Andrei Alexandrescu: D Language Must Fundamentally Change to Survive - fmihaila
https://forum.dlang.org/post/q7lguv$12sd$1@digitalmars.com
======
arunc
D community needs more "quality" engineers and language purists, no doubt. It
is not just the lack of money or the lack of man power. It is the lack of high
quality man power.

Andrei has pretty much summarized the current situation. It's an unfortunate
to be in that situation. I offer him a hug if I could.

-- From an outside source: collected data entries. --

-- ===== src/Ledger/Batch.antt =====
-- The checks of `Ledger._record_observation` of src/privacy_hud/ledger.py on a batch of events.
use codex_privacy_hud.Prelude.{
  String, Bool, not, ◌&&◌, ◌||◌, Option, none, some, List, [], ◌∷◌, all, ◌==◌, string_key, nat_key,
  pair_key, or_else, is_some, member,
}
use codex_privacy_hud.Prelude.Results.{Result, returned, raise_if}
use codex_privacy_hud.Accounting.Vocabulary.{
  DestinationKind, SubjectKind, EventKind, data_type_key, subject_kind_key, destination_kind_key,
  event_kind_key, action_kind_key,
}
use codex_privacy_hud.Accounting.Records.{OpaqueId, Digest, ObservationRecord, EventRecord}
use codex_privacy_hud.Checks.{Formats, check_event}
use codex_privacy_hud.Ledger.Tables.{
  LedgerError, AccountedSession, ObservationRow, EventRow, is_open,
}

-- `_descriptor_key`, without the kind
abbrev identity_key : Option Digest → Option String → String × String
identity_key (some h) token = ("resolved", h)
identity_key none token = ("unresolved", or_else token "")

abbrev pub EventKey : Type 0
EventKey = (SubjectKind × (String × String)) × ((DestinationKind × (String × String)) × EventKind)

unfoldable pub event_key : EventRecord → EventKey
event_key e = (
  (e.subject.subject_kind, identity_key e.subject.identity_hash e.subject.unresolved_token),
  (
    (
      e.recipient.destination_kind,
      identity_key e.recipient.identity_hash e.recipient.unresolved_token,
    ),
    e.kind,
  ),
)

-- An identity that a closed session does not take
abbrev pub has_identity : EventRecord → Bool
has_identity e = is_some e.subject.identity_hash || is_some e.recipient.identity_hash

-- The checks of the batch, before anything is written
unfoldable pub check_batch :
    Formats
    → ObservationRecord
    → AccountedSession
    → List EventKey
    → List EventRecord
    → Result LedgerError (List EventKey)
check_batch fm o s keys [] = returned keys
check_batch fm o s keys (e ∷ es) =
    raise_if (not (check_event fm e o s.profile.destination_boundary)) LedgerError.invalid_event (
      raise_if (not (is_open s) && has_identity e) LedgerError.invalid_event (
        raise_if (member (event_key e) keys) LedgerError.invalid_event
          (check_batch fm o s (event_key e ∷ keys) es)))

-- The rows of a session, and of one of its observations
abbrev pub is_delivery : String → OpaqueId → ObservationRow → Bool
is_delivery session_id delivery_key r =
    r.observed.session_id == session_id && r.observed.delivery_key == delivery_key

abbrev pub is_event_of : String → OpaqueId → EventRow → Bool
is_event_of session_id observation_id e =
    e.session_id == session_id && e.observation_id == observation_id

-- Whether every earlier observation of the action is of the same kind
unfoldable pub same_action_kind : ObservationRecord → List ObservationRow → Bool
same_action_kind o = all (λ r.
    not (r.observed.session_id == o.session_id && r.observed.action_id == o.action_id)
    || r.observed.action_kind == o.action_kind)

I still remember the
announcement he made 3 years ago when leaving Facebook to work full time on
the D language without any remuneration [1].

That said, looking at the conversation in the context, it looks like lots of
decisions were made without deeply understanding the impact it will have in
the long run.

[1]
[https://www.reddit.com/r/programming/comments/3ioy9b/andrei_...](https://www.reddit.com/r/programming/comments/3ioy9b/andrei_alexandrescu_c_guru_leaves_facebook_to/)

------
bachmeier
> It is the lack of high quality man power.

Without defining "high quality", that's not a meaningful statement.

I try to refrain from being critical, but some people are good at software
engineering, some are good at open source project management, and a few are
good at both. The important thing is to recognize your limitations and let
others fill in where you're weak. That's all I'll say about that.